Émissaires des morts, d’Adam-Troy Castro

A part pour des livres que j’ai en réserve depuis bien longtemps ou quelques auteurs particuliers que j’ai découvert en français, je lis de plus en plus en anglais les auteurs anglophones. Mais il m’arrive encore de me laisser séduire par la traduction française, surtout si elle s’avère apporter quelques petits plus par rapport à la version d’origine, ce qui est le cas du Émissaires des morts, d’Adam-Troy Castro.Ainsi, le volume publié en français contient-il non seulement le roman du même nom, mais aussi une novelette et trois novellas mettant en scène le même personnage (des textes un peu plus compliqués à trouver en VO). Sans parler du fait que l’auteur lui-même a effectué quelques corrections dans ses textes à l’occasion de cette publication en français.

Cette série de texte suit le personnage d’Andrea Cort, sorte d’enquêtrice travaillant comme juriste pour le service diplomatique de la confédération regroupant l’ensemble des civilisations humaines, dans un univers peuplé d’autres espèces intelligentes. Elle est régulièrement envoyée en mission pour débrouiller des problèmes juridiques ayant un angle diplomatique.

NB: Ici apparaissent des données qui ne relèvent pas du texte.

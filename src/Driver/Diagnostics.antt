-- ===== src/Driver/Diagnostics.antt =====
-- What the driver publishes for diagnostics: SOEMDiagnosticsPublisher (soem_driver.cpp) over the status
-- of the master (soem_master_helpers_ros.hpp, soem_master.hpp). The wrapper that builds a message is not
-- in the repository, and is a parameter with its documented laws.
pub mod Published
mod Tests
use soem_driver_ros.Base.{
  ℕ, ltb, ◌||◌, Bool, if◌then◌else◌, List, [], ◌∷◌, ◌++◌, Option, none, some, Text, codes,
}
use soem_driver_ros.Master.Cycle.{
  MasterState, uninitialized, initialized, starting, idle, running, error, MasterStatus, Master,
}

-- SOEMMasterState in words.
unfoldable pub master_state_to_string : MasterState → Text
master_state_to_string uninitialized = codes "UNINITIALIZED"
master_state_to_string initialized = codes "INITIALIZED"
master_state_to_string starting = codes "STARTING"
master_state_to_string idle = codes "IDLE"
master_state_to_string running = codes "RUNNING"
master_state_to_string error = codes "ERROR"

-- diagnostic_updater::DiagnosticStatusWrapper, over messages, with the levels of DiagnosticStatus and
-- the text that a number is printed as.
pub record StatusWrapper : Type 1 where
  pub Message : Type 0
  pub ok : ℕ
  pub warn : ℕ
  pub error : ℕ
  pub builder : Message
  pub level : Message → ℕ
  pub hardware_id : Message → Text
  pub values : Message → List (Text × Text)
  pub printed : ℕ → Text
  pub set_name : Text → Message → Message
  pub set_hardware_id : Text → Message → Message
  pub summary : ℕ → Text → Message → Message
  pub merge_summary : ℕ → Text → Message → Message
  pub add_text : Text → Text → Message → Message
  pub add_count : Text → ℕ → Message → Message

abbrev nonzero : ℕ → Bool
nonzero n = ltb 0 n

module _ (w : StatusWrapper) where
  open w use {Message}

  -- The summary, by the counters.
  unfoldable pub summarize : MasterStatus → Message
  summarize s =
      let b0 = w.summary w.ok [] (w.set_name (codes "SOEMMaster") w.builder) in
      let b1 =
        if nonzero s.rx_error_count_consecutive
          || (nonzero s.tx_error_count_consecutive || nonzero s.other_ec_error_count_consecutive)
        then w.merge_summary w.error (codes "Errors communicating with slaves on EtherCAT bus!") b0
        else b0 in
      if nonzero s.missed_cycle_deadline_count
      then w.merge_summary w.warn (codes "Realtime loop misses cycle deadline!") b1
      else b1

  unfoldable pub build_master_status_diagnostics_ros : MasterStatus → Message
  unfolding summarize master_state_to_string
  build_master_status_diagnostics_ros s = w.add_count (codes "cycle_count") s.cycle_count (
      w.add_count (codes "missed_cycle_deadline_count") s.missed_cycle_deadline_count (
        w.add_count (codes "tx_error_count") s.tx_error_count (
          w.add_count (codes "rx_error_count") s.rx_error_count (
            w.add_count (codes "error_count") s.error_count
              (w.add_text (codes "state") (master_state_to_string s.state) (summarize s))))))

  -- consume_all on the queue of one place of the master, and of each slave.
  unfoldable pub master_diagnostics : Text → Option MasterStatus → List Message
  unfolding build_master_status_diagnostics_ros
  master_diagnostics interface none = []
  master_diagnostics interface (some s) =
      w.set_hardware_id interface (build_master_status_diagnostics_ros s) ∷ []

  unfoldable pub slave_diagnostics : List (Option Message) → List Message
  slave_diagnostics [] = []
  slave_diagnostics (none ∷ queues) = slave_diagnostics queues
  slave_diagnostics (some d ∷ queues) = d ∷ slave_diagnostics queues

  -- The callback of the timer: the message, and what it leaves of the queue of the master.
  unfoldable pub publish : Text → List (Option Message) → Master → List Message × Master
  unfolding master_diagnostics slave_diagnostics
  publish interface queues m = (
    master_diagnostics interface m.status_queue ++ slave_diagnostics queues,
    record m { status_queue = none },
  )
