-- ===== src/Master/Cycle/Counters.antt =====
-- What the counters of the status say after a run of cycles, and that runs complete.
use soem_driver_ros.Base.{
  ◌>>=◌, ℕ, suc, ◌+◌, ◌%◌, ◌^◌, ◌<◌, ◌≡◌, refl, ap, sym, ◌∙◌, Bool, true, false, not, ◌&&◌,
  if◌then◌else◌, List, [], ◌∷◌, ◌++◌, Option, none, some, arith, length, All, or_default,
}
use soem_driver_ros.Master.Mailboxes.{handle_mailboxes}
use soem_driver_ros.Master.Cycle.{
  running, error, MasterStatus, Master, CycleInput, count_cycle, next_count, to_size, cycle, cycles,
}

-- How many inputs fail a test.
abbrev pub failures : (CycleInput → Bool) → List CycleInput → ℕ
failures ok [] = 0
failures ok (i ∷ is) = if ok i then failures ok is else suc (failures ok is)

-- The errors of SOEM that are counted.
abbrev pub ec_errors : List CycleInput → ℕ
ec_errors [] = 0
ec_errors (i ∷ is) = if i.is_error then i.popped + ec_errors is else ec_errors is

-- The status that a run of cycles leads to, whatever else it does.
status_after : List CycleInput → ℕ → MasterStatus → MasterStatus
status_after [] n s = s
status_after (i ∷ is) n s =
    status_after is (next_count n) (count_cycle i (to_size (next_count n)) s)

-- A bind that succeeds has a first result.
pub bind_some {ℓ κ} :
    {A : Type ℓ} {B : Type κ} (o : Option A) (f : A → Option B) (b : B)
    → (o >>= f) ≡ some b
    → (a : A) × (o ≡ some a) × (f a ≡ some b)
bind_some none f b e = absurd cc
bind_some (some a) f b e = (a, refl, e)

pub cycle-status :
    (i : CycleInput) (m m' : Master)
    → cycle i m ≡ some m'
    → (m'.status ≡ count_cycle i (to_size (next_count m.cycle_counter)) m.status)
      × (m'.cycle_counter ≡ next_count m.cycle_counter)
unfolding cycle
cycle-status i m m' e =
    let (slaves, _, done) = bind_some (handle_mailboxes i.answers 1 m.slaves_data_access) _ m' e in
    let same = ap (or_default m) done in
    (ap (λ x. x.status) (sym same), ap (λ x. x.cycle_counter) (sym same))

cycles-status :
    (is : List CycleInput) (m m' : Master)
    → cycles is m ≡ some m'
    → m'.status ≡ status_after is m.cycle_counter m.status
unfolding cycles status_after
cycles-status [] m m' e = ap (λ o. (or_default m o).status) (sym e)
cycles-status (i ∷ is) m m' e =
    let (m1, first, rest) = bind_some (cycle i m) _ m' e in
    let (s, n) = cycle-status i m m1 first in cycles-status is m1 m' rest ∙ rw (s, n) refl

abbrev pub InRange : MasterStatus → Type 0
InRange s =
    (s.error_count < 2 ^ 64)
    × (s.tx_error_count < 2 ^ 64)
    × (s.rx_error_count < 2 ^ 64)
    × (s.missed_cycle_deadline_count < 2 ^ 64)

abbrev pub Counted : List CycleInput → MasterStatus → MasterStatus → Type 0
Counted is s s' =
    (s'.tx_error_count ≡ (s.tx_error_count + failures (λ i. i.sent) is) % 2 ^ 64)
    × (s'.rx_error_count ≡ (s.rx_error_count + failures (λ i. i.received) is) % 2 ^ 64)
    × (s'.missed_cycle_deadline_count
        ≡ (s.missed_cycle_deadline_count + failures (λ i. not i.late) is) % 2 ^ 64)
    × (s'.error_count
        ≡ (s.error_count
            + (failures (λ i. i.sent) is + (failures (λ i. i.received) is + ec_errors is)))
          % 2 ^ 64)

count_cycle-InRange :
    (i : CycleInput) (n : ℕ) (s : MasterStatus) → InRange s → InRange (count_cycle i n s)
unfolding count_cycle
count_cycle-InRange i n s h = ground arith

pub count_cycle-Counted :
    (i : CycleInput) (n : ℕ) (s : MasterStatus) → InRange s → Counted (i ∷ []) s (count_cycle i n s)
unfolding count_cycle
count_cycle-Counted i n s h = ground arith

-- Counts add up modulo the size.
later :
    (a b c x y z : ℕ)
    → x ≡ (a + b) % 2 ^ 64
    → y ≡ (x + c) % 2 ^ 64
    → z ≡ b + c
    → y ≡ (a + z) % 2 ^ 64
later a b c x y z e f g = omega arith

failures_cons :
    (ok : CycleInput → Bool) (i : CycleInput) (is : List CycleInput)
    → failures ok (i ∷ is) ≡ failures ok (i ∷ []) + failures ok is
failures_cons ok i is = ground arith

ec_errors_cons :
    (i : CycleInput) (is : List CycleInput) → ec_errors (i ∷ is) ≡ ec_errors (i ∷ []) + ec_errors is
ec_errors_cons i is = ground arith

status_after-Counted :
    (is : List CycleInput) (n : ℕ) (s : MasterStatus)
    → InRange s
    → Counted is s (status_after is n s)
unfolding status_after
status_after-Counted [] n s h = ground arith
status_after-Counted (i ∷ is) n s h =
    let s1 = count_cycle i (to_size (next_count n)) s in
    let (tx, rx, missed, all) = count_cycle-Counted i (to_size (next_count n)) s h in
    let (tx', rx', missed', all') =
      status_after-Counted is (next_count n) s1
        (count_cycle-InRange i (to_size (next_count n)) s h) in
    let sent_cons = failures_cons (λ x. x.sent) i is in
    let received_cons = failures_cons (λ x. x.received) i is in
    (
      later s.tx_error_count _ _ _ _ _ tx tx' sent_cons,
      later s.rx_error_count _ _ _ _ _ rx rx' received_cons,
      later s.missed_cycle_deadline_count _ _ _ _ _ missed missed'
          (failures_cons (λ x. not x.late) i is),
      later s.error_count _ _ _ _ _ all all'
          (omega (arith, sent_cons, received_cons, ec_errors_cons i is)),
    )

-- The counters of the status after a run of cycles that completes, from counters below 2 ^ 64 and
-- modulo 2 ^ 64: failed sends, failed receives and missed deadlines are each counted once, and the
-- error count grows by the failed sends, the failed receives and the errors that SOEM reported.
pub cycles-error_counts :
    (is : List CycleInput) (m m' : Master)
    → InRange m.status
    → cycles is m ≡ some m'
    → Counted is m.status m'.status
cycles-error_counts is m m' h e =
    rw (cycles-status is m m' e) (status_after-Counted is m.cycle_counter m.status h)

-- A status that was reached by a run and one more cycle.
status_after-append :
    (is js : List CycleInput) (n : ℕ) (s : MasterStatus)
    → (k : ℕ) × ((s' : MasterStatus) × (status_after (is ++ js) n s ≡ status_after js k s'))
unfolding status_after
status_after-append [] js n s = (n, (s, refl))
status_after-append (i ∷ is) js n s = status_after-append is js (next_count n) _

send_streak :
    (js : List CycleInput) (n : ℕ) (s : MasterStatus)
    → s.tx_error_count_consecutive < 2 ^ 64
    → All (λ j. j.sent ≡ false) js
    → (status_after js n s).tx_error_count_consecutive
      ≡ (s.tx_error_count_consecutive + length js) % 2 ^ 64
unfolding status_after
send_streak [] n s h bad = ground arith
send_streak (j ∷ js) n s h bad =
    let s1 = count_cycle j (to_size (next_count n)) s in
    later s.tx_error_count_consecutive 1 (length js) s1.tx_error_count_consecutive _ _
      (one j _ s bad.0)
      (send_streak js (next_count n) s1 (omega (arith, one j (to_size (next_count n)) s bad.0))
        bad.1)
      (omega arith)
  where
    one :
        (j : CycleInput) (n : ℕ) (s : MasterStatus)
        → j.sent ≡ false
        → (count_cycle j n s).tx_error_count_consecutive
          ≡ (s.tx_error_count_consecutive + 1) % 2 ^ 64
    one j n s e = unfold count_cycle in ground arith

receive_streak :
    (js : List CycleInput) (n : ℕ) (s : MasterStatus)
    → s.rx_error_count_consecutive < 2 ^ 64
    → All (λ j. j.received ≡ false) js
    → (status_after js n s).rx_error_count_consecutive
      ≡ (s.rx_error_count_consecutive + length js) % 2 ^ 64
unfolding status_after
receive_streak [] n s h bad = ground arith
receive_streak (j ∷ js) n s h bad =
    let s1 = count_cycle j (to_size (next_count n)) s in
    later s.rx_error_count_consecutive 1 (length js) s1.rx_error_count_consecutive _ _
      (one j _ s bad.0)
      (receive_streak js (next_count n) s1 (omega (arith, one j (to_size (next_count n)) s bad.0))
        bad.1)
      (omega arith)
  where
    one :
        (j : CycleInput) (n : ℕ) (s : MasterStatus)
        → j.received ≡ false
        → (count_cycle j n s).rx_error_count_consecutive
          ≡ (s.rx_error_count_consecutive + 1) % 2 ^ 64
    one j n s e = unfold count_cycle in ground arith

-- After a cycle that sent and received, and cycles that all failed to send and to receive, both
-- consecutive counts are the number of these failed cycles, modulo 2 ^ 64.
pub cycles-streak :
    (is : List CycleInput) (good : CycleInput) (bad : List CycleInput) (m m' : Master)
    → (good.sent ≡ true) × (good.received ≡ true)
    → All (λ j. j.sent ≡ false) bad
    → All (λ j. j.received ≡ false) bad
    → cycles (is ++ good ∷ bad) m ≡ some m'
    → (m'.status.tx_error_count_consecutive ≡ length bad % 2 ^ 64)
      × (m'.status.rx_error_count_consecutive ≡ length bad % 2 ^ 64)
unfolding status_after
cycles-streak is good bad m m' g hs hr e =
    let (k, (s, split)) = status_after-append is (good ∷ bad) m.cycle_counter m.status in
    let s1 = count_cycle good (to_size (next_count k)) s in
    let (tx, rx) = reset good (to_size (next_count k)) s g.0 g.1 in
    rw (cycles-status (is ++ good ∷ bad) m m' e, split)
      (
        omega (arith, send_streak bad (next_count k) s1 (omega (arith, tx)) hs, tx),
        omega (arith, receive_streak bad (next_count k) s1 (omega (arith, rx)) hr, rx),
      )
  where
    reset :
        (i : CycleInput) (n : ℕ) (s : MasterStatus)
        → i.sent ≡ true
        → i.received ≡ true
        → ((count_cycle i n s).tx_error_count_consecutive ≡ 0)
          × ((count_cycle i n s).rx_error_count_consecutive ≡ 0)
    reset i n s e f = unfold count_cycle in ground arith

-- A cycle that completes leaves the state RUNNING if process data was sent and received and SOEM
-- reports no error, and ERROR otherwise.
pub cycle-state :
    (i : CycleInput) (m m' : Master)
    → cycle i m ≡ some m'
    → m'.status.state ≡ (if i.sent && (i.received && not i.is_error) then running else error)
unfolding count_cycle
cycle-state i m m' e = rw (cycle-status i m m' e).0 (ground arith)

Dans le premier texte, Avec du sang sur les mains, Andrea Cort est ainsi envoyée pour valider le bien fondée du transfert d’un criminel humain vers une civilisation extra-terrestre, afin qu’il serve de sujet d’études à cette dernière. Cette novella fonctionne avec deux effets de « révélation » et j’ai été assez amusé de constater que si j’ai eu de l’avance sur le personnage pour la première, j’étais en retard sur la seconde. L’idée et la mécanique employée ressemblent un peu à ce que l’on peut trouver dans des textes de l’age d’or de la SF mais ça fonctionne bien.

Le deuxième texte est un peu plus court, les anglophones catégorisent ça comme novelette (entre nouvelle et novella). Dans Une défense infaillible, Andrea Cort est amenée à devoir sortir une collègue du pétrin. Cette dernière a « bloqué » son cerveau pour ne pas prendre le risque de révéler certaines informations et Cort doit aider à permettre à son esprit de refaire surface. L’ambiance est assez sympathique, on est cette fois plus dans le centre de cette fameuse confédération et le texte a bien l’allure d’une nouvelle avec sa petite chute.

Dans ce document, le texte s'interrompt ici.